***** RECORDS TO USE *****

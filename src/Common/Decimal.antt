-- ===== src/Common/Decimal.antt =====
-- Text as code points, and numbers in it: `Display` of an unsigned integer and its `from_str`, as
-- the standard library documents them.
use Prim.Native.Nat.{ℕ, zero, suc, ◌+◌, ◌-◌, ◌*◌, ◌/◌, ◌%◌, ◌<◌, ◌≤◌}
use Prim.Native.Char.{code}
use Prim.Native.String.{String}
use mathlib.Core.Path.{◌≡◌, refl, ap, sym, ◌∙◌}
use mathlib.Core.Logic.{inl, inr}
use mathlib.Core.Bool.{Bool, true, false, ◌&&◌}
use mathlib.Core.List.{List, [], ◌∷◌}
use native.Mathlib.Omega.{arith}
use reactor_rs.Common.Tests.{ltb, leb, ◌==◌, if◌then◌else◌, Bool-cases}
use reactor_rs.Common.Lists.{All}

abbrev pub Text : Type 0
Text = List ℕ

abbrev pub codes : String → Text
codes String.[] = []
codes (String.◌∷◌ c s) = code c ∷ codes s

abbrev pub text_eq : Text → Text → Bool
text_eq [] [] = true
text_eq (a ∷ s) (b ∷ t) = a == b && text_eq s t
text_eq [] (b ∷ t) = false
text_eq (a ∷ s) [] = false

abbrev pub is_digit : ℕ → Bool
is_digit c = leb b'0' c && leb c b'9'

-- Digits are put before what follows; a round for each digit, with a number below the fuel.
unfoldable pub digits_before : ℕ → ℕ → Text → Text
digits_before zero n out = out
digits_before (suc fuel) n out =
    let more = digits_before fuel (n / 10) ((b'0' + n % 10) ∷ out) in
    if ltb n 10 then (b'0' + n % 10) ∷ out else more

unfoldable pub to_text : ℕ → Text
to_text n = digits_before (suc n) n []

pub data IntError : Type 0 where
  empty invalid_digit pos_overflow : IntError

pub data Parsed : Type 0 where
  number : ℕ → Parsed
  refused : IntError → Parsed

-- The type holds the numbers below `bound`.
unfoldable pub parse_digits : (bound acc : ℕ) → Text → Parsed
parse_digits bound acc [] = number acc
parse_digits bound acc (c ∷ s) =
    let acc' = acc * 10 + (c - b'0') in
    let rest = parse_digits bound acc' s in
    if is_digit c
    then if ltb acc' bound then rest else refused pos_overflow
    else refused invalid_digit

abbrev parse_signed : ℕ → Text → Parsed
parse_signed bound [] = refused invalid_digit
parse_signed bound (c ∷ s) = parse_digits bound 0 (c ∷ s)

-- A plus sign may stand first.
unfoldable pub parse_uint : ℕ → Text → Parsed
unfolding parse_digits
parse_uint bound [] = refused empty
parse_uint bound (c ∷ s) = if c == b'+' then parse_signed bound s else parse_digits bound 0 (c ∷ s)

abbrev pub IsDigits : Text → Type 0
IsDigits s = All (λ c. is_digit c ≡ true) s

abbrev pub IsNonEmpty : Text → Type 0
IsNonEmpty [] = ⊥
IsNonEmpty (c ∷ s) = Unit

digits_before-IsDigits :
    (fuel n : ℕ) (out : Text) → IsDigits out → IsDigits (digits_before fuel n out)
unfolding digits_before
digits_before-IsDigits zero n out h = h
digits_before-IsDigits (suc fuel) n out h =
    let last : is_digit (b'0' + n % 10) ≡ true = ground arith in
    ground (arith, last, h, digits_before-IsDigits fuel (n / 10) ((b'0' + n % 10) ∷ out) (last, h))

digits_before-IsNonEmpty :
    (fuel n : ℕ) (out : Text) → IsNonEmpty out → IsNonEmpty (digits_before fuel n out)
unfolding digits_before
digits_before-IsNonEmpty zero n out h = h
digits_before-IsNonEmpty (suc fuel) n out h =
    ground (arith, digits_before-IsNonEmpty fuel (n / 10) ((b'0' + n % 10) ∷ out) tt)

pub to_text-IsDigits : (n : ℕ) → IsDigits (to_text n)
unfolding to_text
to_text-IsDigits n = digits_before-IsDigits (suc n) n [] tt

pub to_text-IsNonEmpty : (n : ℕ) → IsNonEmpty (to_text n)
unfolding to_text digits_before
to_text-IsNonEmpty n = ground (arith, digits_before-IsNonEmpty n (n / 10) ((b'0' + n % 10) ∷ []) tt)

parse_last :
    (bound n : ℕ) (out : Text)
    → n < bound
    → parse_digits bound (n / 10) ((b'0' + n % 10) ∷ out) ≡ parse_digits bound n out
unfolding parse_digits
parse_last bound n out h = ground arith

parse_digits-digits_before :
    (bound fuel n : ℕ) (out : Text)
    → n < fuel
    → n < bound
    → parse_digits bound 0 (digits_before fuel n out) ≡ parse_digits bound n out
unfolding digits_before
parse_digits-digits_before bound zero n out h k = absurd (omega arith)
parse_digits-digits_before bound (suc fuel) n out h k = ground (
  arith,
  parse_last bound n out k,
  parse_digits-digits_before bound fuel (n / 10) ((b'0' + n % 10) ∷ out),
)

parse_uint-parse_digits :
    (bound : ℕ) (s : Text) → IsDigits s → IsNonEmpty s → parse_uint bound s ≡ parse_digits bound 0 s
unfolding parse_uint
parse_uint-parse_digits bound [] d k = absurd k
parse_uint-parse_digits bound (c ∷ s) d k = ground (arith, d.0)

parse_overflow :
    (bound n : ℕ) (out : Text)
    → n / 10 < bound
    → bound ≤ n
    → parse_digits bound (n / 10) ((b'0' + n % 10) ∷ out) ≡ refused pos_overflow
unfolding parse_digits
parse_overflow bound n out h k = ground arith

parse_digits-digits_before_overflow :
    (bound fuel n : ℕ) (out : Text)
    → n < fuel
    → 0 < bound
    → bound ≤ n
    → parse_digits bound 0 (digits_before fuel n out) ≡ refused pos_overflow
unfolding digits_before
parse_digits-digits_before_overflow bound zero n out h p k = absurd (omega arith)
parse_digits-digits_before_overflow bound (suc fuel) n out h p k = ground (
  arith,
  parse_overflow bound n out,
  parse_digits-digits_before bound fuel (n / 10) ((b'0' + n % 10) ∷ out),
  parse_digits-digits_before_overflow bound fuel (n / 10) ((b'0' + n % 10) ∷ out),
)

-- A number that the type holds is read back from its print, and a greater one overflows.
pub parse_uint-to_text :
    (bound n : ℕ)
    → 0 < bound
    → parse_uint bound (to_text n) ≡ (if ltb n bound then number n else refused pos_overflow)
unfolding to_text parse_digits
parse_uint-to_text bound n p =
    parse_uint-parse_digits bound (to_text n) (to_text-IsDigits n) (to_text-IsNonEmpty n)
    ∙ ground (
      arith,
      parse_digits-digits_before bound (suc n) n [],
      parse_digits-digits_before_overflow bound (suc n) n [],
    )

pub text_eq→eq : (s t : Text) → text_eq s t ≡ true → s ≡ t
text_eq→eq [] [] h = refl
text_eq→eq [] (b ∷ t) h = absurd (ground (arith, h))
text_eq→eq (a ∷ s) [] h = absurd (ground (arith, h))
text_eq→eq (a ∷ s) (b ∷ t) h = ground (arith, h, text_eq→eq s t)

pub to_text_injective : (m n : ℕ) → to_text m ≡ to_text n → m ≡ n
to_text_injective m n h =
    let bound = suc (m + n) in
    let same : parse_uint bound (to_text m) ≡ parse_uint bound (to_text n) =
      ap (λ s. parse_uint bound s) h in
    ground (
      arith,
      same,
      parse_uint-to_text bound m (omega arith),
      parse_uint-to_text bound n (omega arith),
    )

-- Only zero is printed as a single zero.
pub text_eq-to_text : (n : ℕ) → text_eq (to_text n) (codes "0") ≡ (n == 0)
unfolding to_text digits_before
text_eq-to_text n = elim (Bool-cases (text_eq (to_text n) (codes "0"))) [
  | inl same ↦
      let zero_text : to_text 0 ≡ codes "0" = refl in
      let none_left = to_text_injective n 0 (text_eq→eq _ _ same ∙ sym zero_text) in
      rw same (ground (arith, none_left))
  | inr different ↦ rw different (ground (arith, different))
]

*****

§ **WHAT YOU SHOULD DO**: The reply should consist solely of the lines above from the one that has "abbrev pub IsNonEmpty : Text → Type 0" through the one that has "10) ∷ out) ≡ parse_digits bound n out", reproduced exactly.

§ **REPLY TO THE EXERCISE**:
abbrev pub IsNonEmpty : Text → Type 0
IsNonEmpty [] = ⊥
IsNonEmpty (c ∷ s) = Unit

digits_before-IsDigits :
    (fuel n : ℕ) (out : Text) → IsDigits out → IsDigits (digits_before fuel n out)
unfolding digits_before
digits_before-IsDigits zero n out h = h
digits_before-IsDigits (suc fuel) n out h =
    let last : is_digit (b'0' + n % 10) ≡ true = ground arith in
    ground (arith, last, h, digits_before-IsDigits fuel (n / 10) ((b'0' + n % 10) ∷ out) (last, h))

digits_before-IsNonEmpty :
    (fuel n : ℕ) (out : Text) → IsNonEmpty out → IsNonEmpty (digits_before fuel n out)
unfolding digits_before
digits_before-IsNonEmpty zero n out h = h
digits_before-IsNonEmpty (suc fuel) n out h =
    ground (arith, digits_before-IsNonEmpty fuel (n / 10) ((b'0' + n % 10) ∷ out) tt)

pub to_text-IsDigits : (n : ℕ) → IsDigits (to_text n)
unfolding to_text
to_text-IsDigits n = digits_before-IsDigits (suc n) n [] tt

pub to_text-IsNonEmpty : (n : ℕ) → IsNonEmpty (to_text n)
unfolding to_text digits_before
to_text-IsNonEmpty n = ground (arith, digits_before-IsNonEmpty n (n / 10) ((b'0' + n % 10) ∷ []) tt)

parse_last :
    (bound n : ℕ) (out : Text)
    → n < bound
    → parse_digits bound (n / 10) ((b'0' + n % 10) ∷ out) ≡ parse_digits bound n out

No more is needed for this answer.